» **Provided entries**
+-------+

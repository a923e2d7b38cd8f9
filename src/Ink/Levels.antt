-- ===== src/Ink/Levels.antt =====
-- `calculateLevel`: the reader's level from the INK earned in a lifetime.
use arktion_sui_overflow.Ink.{calculate_level, level_thresholds}
use arktion_sui_overflow.Prelude.{ℕ, arith, ◌≡◌, leb, count, ◌≤◌}

-- The level is the number of thresholds that the earned INK reaches.
pub calculate_level-eq-count :
    (ink : ℕ) → calculate_level ink ≡ count (λ t. leb t ink) level_thresholds
unfolding calculate_level
calculate_level-eq-count ink = ground arith

-- Earning more INK never lowers the level.
pub calculate_level_mono : (a b : ℕ) → a ≤ b → calculate_level a ≤ calculate_level b
unfolding calculate_level
calculate_level_mono a b h = ground arith
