-- ===== src/Ink/Minting.antt =====
-- What `mintEarning` does to the chain and to the tables, branch by branch.
use arktion_sui_overflow.Prelude.{
  ◌≡◌, Result, [], is_err, inr, ◌==◌, ◌+◌, if◌then◌else◌, true, ℕ, none, arith, ◌∷◌, List, inl, ◌⊎◌,
  ok, some, err, put, refl, Option,
}
use arktion_sui_overflow.Ink.{
  chapter_read, series_complete, submission_approved, send_earning, EarnParams, ink_amounts,
  InkTrigger, trigger_code, record_earning, add_ink_earned, upsert_entry, upsert_balance,
  earning_entry, minted_result, record_mint, mint_new, MintEarningResult,
}
use arktion_sui_overflow.Sui.{
  run_block, earn, Key, Chain, run_command, Command, committed, earn_call, find_record,
}
use arktion_sui_overflow.World.{
  World, Error, InkLedgerEntry, Passport, transaction, Db, record_not_found,
}
use arktion_sui_overflow.Gas.{execute_as_admin, Receipt}
use arktion_sui_overflow.Gas.Effects.{execute_as_admin-Executed}

-- The chain after `amount` INK has been paid to `user` under `key`.
abbrev pub paid : ℕ → ℕ → Key → ℕ → Chain → Chain
paid user trigger key amount c = record c {
  records =
      record { idempotency_key = key; user = user; trigger_type = trigger; amount = amount }
      ∷ c.records;
  coins = λ a. if a == user then c.coins a + amount else c.coins a;
}

-- An earning that commits had a fresh key, and pays what INK_AMOUNTS says.
pub earn_committed :
    (user : ℕ) (t : InkTrigger) (key : Key) (c c' : Chain)
    → earn user (trigger_code t) key c ≡ committed c'
    → (find_record key c.records ≡ none) × (c' ≡ paid user (trigger_code t) key (ink_amounts t) c)
unfolding earn ink_amounts
earn_committed user chapter_read key c c' h = ground arith
earn_committed user series_complete key c c' h = ground arith
earn_committed user submission_approved key c c' h = ground arith

abbrev pub paid_for : EarnParams → Chain → Chain
paid_for p =
    paid p.wallet_address (trigger_code p.trigger_type) p.idempotency_key
      (ink_amounts p.trigger_type)

-- The call to the chain: it throws and nothing has happened, or the INK is paid under a fresh key.
pub record Sent (p : EarnParams) (w : World) (r : Result Error Receipt) (w' : World) : Type 0 where
  pub same_db : w'.db ≡ w.db
  pub same_env : w'.env ≡ w.env
  pub chain_effect :
      ((w'.chain ≡ w.chain) × (is_err r ≡ true))
      ⊎ ((find_record p.idempotency_key w.chain.records ≡ none) × (w'.chain ≡ paid_for p w.chain))

abbrev earn_block : EarnParams → List Command
earn_block p = earn_call p.wallet_address (trigger_code p.trigger_type) p.idempotency_key ∷ []

earn_block_lem :
    (p : EarnParams) (c c' : Chain)
    → run_block (earn_block p) c ≡ committed c'
    → earn p.wallet_address (trigger_code p.trigger_type) p.idempotency_key c ≡ committed c'
unfolding run_block run_command
earn_block_lem p c c' h = ground arith

execute_earn-Sent :
    (p : EarnParams) (w : World) → let (r, w') = execute_as_admin (earn_block p) w in Sent p w r w'
execute_earn-Sent p w =
    let done = execute_as_admin-Executed (earn_block p) w in
    record {
      same_db = done.same_db;
      same_env = done.same_env;
      chain_effect = elim done.chain_effect [
        | inl kept ↦ inl kept
        | inr ran ↦ inr (
            earn_committed p.wallet_address p.trigger_type p.idempotency_key w.chain _
              (earn_block_lem p w.chain _ ran))
      ];
    }

pub send_earning-Sent :
    (p : EarnParams) (w : World) → let (r, w') = send_earning p w in Sent p w r w'
unfolding send_earning
send_earning-Sent p w = record {
  same_db = ground (arith, execute_earn-Sent p w);
  same_env = ground (arith, execute_earn-Sent p w);
  chain_effect = ground (arith, execute_earn-Sent p w);
}

-- The tables after an earning has been recorded for a user with passport `p`.
abbrev pub credited : InkLedgerEntry → ℕ → Passport → Db → Db
credited e now p d = record d {
  ink_ledger = upsert_entry e d.ink_ledger;
  ink_balances = upsert_balance e.user_id e.amount now d.ink_balances;
  passports =
      put e.user_id (record p { total_ink_earned = p.total_ink_earned + e.amount }) d.passports;
}

-- The three writes are made together, or the user has no passport and none is made.
pub record_earning_lem :
    (e : InkLedgerEntry) (now : ℕ) (w : World)
    → transaction (record_earning e now) w ≡ elim (w.db.passports e.user_id) [
      | none ↦ (err record_not_found, w)
      | some p ↦ (ok tt, record w { db = credited e now p w.db })
    ]
unfolding record_earning add_ink_earned
record_earning_lem e now w = ground arith

pub record_mint_lem :
    (p : EarnParams) (now : ℕ) (receipt : Receipt) (w : World)
    → record_mint p now receipt w ≡ elim (w.db.passports p.user_id) [
      | none ↦ (err record_not_found, w)
      | some q ↦
          let w' : World = record w {
            db = credited (earning_entry p receipt.digest now) now q w.db;
          } in
          (ok (minted_result p receipt.digest w'), w')
    ]
unfolding record_mint
record_mint_lem p now receipt w =
    ground (arith, record_earning_lem (earning_entry p receipt.digest now) now w)

-- The three ways in which a call of `mint_new` can end.
pub data Minting (p : EarnParams) (now : ℕ) (w : World) (r : Result Error MintEarningResult)
    (w' : World) : Type 0 where
  refused : is_err r ≡ true → w'.db ≡ w.db → w'.chain ≡ w.chain → Minting p now w r w'
  unrecorded :
      is_err r ≡ true
      → find_record p.idempotency_key w.chain.records ≡ none
      → w'.db ≡ w.db
      → w'.chain ≡ paid_for p w.chain
      → Minting p now w r w'
  minted :
      (digest : ℕ) (q : Passport)
      → find_record p.idempotency_key w.chain.records ≡ none
      → w.db.passports p.user_id ≡ some q
      → w'.db ≡ credited (earning_entry p digest now) now q w.db
      → w'.chain ≡ paid_for p w.chain
      → r ≡ ok (minted_result p digest w')
      → Minting p now w r w'

pub mint_new-Minting :
    (p : EarnParams) (now : ℕ) (w : World)
    → Minting p now w (mint_new p now w).0 (mint_new p now w).1
unfolding mint_new
mint_new-Minting p now w =
    let sent = send_earning-Sent p w in go (send_earning p w).0 (send_earning p w).1 sent
  where
    recorded_case :
        (receipt : Receipt) (w' : World) (o : Option Passport)
        → Sent p w (ok receipt) w'
        → w'.db.passports p.user_id ≡ o
        → Minting p now w (record_mint p now receipt w').0 (record_mint p now receipt w').1
    recorded_case receipt w' none sent e =
        let step = record_mint_lem p now receipt w' in
        unrecorded (ground (arith, step)) (ground arith) (ground (arith, step))
          (ground (arith, step))
    recorded_case receipt w' (some q) sent e =
        let step = record_mint_lem p now receipt w' in
        minted receipt.digest q (ground arith) (ground arith) (ground (arith, step))
          (ground (arith, step)) (ground (arith, step))

    go :
        (r : Result Error Receipt) (w' : World)
        → Sent p w r w'
        → let out : Result Error MintEarningResult × World = elim r [
          | ok receipt ↦ record_mint p now receipt w'
          | err e ↦ (err e, w')
        ] in
          Minting p now w out.0 out.1
    go (ok receipt) w' sent = recorded_case receipt w' (w'.db.passports p.user_id) sent refl
    go (err e) w' sent = elim sent.chain_effect [
      | inl (same, _) ↦ refused refl sent.same_db same
      | inr (fresh, pay) ↦ unrecorded refl fresh sent.same_db pay
    ]
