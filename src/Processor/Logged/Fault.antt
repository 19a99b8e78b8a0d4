-- ===== src/Processor/Logged/Fault.antt =====
-- crates/blackbox-server/src/main.rs and integrity/fault.rs: which update takes a fault that waits
-- for its symbol.
use k_blackbox.Base.{
  ℕ, ◌≡◌, ◌≢◌, refl, List, false, Bool-cases, inl, inr, Option, String, str_eq, eq_iff,
}
use k_blackbox.Decimal.{Decimal, Level}
use k_blackbox.DashMap.{get}
use k_blackbox.Integrity.Injector.{FaultInjector, consume, trigger}
use k_blackbox.Client.Connection.{WsEvent, book_update}
use k_blackbox.Processor.Capture.{Tools, LogClock, LoggedState}
use k_blackbox.Processor.Logged.{apply_update, on_update, process_event}
use k_blackbox.Processor.Logged.Books.{update_book-injector}

module _ {D F N : Type 0} where
  abbrev pub with_injector : FaultInjector → LoggedState D F N → LoggedState D F N
  with_injector i l = record l { state = record l.state { fault_injector = i } }

module _ {D F N : Type 0} ⦃d : Decimal D⦄ (tools : Tools D F N) where
  -- A fault that is armed for one symbol does not outlive an update of another: the update is
  -- handled as if the fault had been disarmed before, and the fault is disarmed after it.
  pub fault_lost :
      (clock : LogClock) (target symbol : String) (i : FaultInjector) (bids asks : List (Level D))
      (checksum : Option ℕ) (ts : Option String) (l : LoggedState D F N)
      → target ≢ symbol
      → let disarmed : FaultInjector = record (trigger target i) { enabled = false } in
        let e : WsEvent D = book_update symbol bids asks checksum ts in
        let after = process_event tools clock e (with_injector (trigger target i) l) in
        (after ≡ process_event tools clock e (with_injector disarmed l))
        × (after.state.fault_injector ≡ disarmed)
  unfolding process_event on_update consume trigger apply_update
  fault_lost clock target symbol i bids asks checksum ts l n =
      elim (Bool-cases (str_eq target symbol)) [
        | inl e ↦ absurd (n ((eq_iff target symbol).0 e))
        | inr e ↦ rw e (
          refl,
          update_book-injector tools clock symbol bids asks checksum (get symbol l.state.orderbooks)
              (with_injector (record (trigger target i) { enabled = false }) l),
        )
      ]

+-------+

» **Work to be completed**
What is asked for is an exact copy of the lines above from the one containing "fresh sent.same_db pay" through the one containing "(after.state.fault_injector ≡ disarmed)", and only those.

» **Answer**
      | inr (fresh, pay) ↦ unrecorded refl fresh sent.same_db pay
    ]
filename src/Processor/Logged/Fault.antt
repository 19a99b8e78b8a0d4
-- ===== src/Processor/Logged/Fault.antt =====
-- crates/blackbox-server/src/main.rs and integrity/fault.rs: which update takes a fault that waits
-- for its symbol.
use k_blackbox.Base.{
  ℕ, ◌≡◌, ◌≢◌, refl, List, false, Bool-cases, inl, inr, Option, String, str_eq, eq_iff,
}
use k_blackbox.Decimal.{Decimal, Level}
use k_blackbox.DashMap.{get}
use k_blackbox.Integrity.Injector.{FaultInjector, consume, trigger}
use k_blackbox.Client.Connection.{WsEvent, book_update}
use k_blackbox.Processor.Capture.{Tools, LogClock, LoggedState}
use k_blackbox.Processor.Logged.{apply_update, on_update, process_event}
use k_blackbox.Processor.Logged.Books.{update_book-injector}

module _ {D F N : Type 0} where
  abbrev pub with_injector : FaultInjector → LoggedState D F N → LoggedState D F N
  with_injector i l = record l { state = record l.state { fault_injector = i } }

module _ {D F N : Type 0} ⦃d : Decimal D⦄ (tools : Tools D F N) where
  -- A fault that is armed for one symbol does not outlive an update of another: the update is
  -- handled as if the fault had been disarmed before, and the fault is disarmed after it.
  pub fault_lost :
      (clock : LogClock) (target symbol : String) (i : FaultInjector) (bids asks : List (Level D))
      (checksum : Option ℕ) (ts : Option String) (l : LoggedState D F N)
      → target ≢ symbol
      → let disarmed : FaultInjector = record (trigger target i) { enabled = false } in
        let e : WsEvent D = book_update symbol bids asks checksum ts in
        let after = process_event tools clock e (with_injector (trigger target i) l) in
        (after ≡ process_event tools clock e (with_injector disarmed l))
        × (after.state.fault_injector ≡ disarmed)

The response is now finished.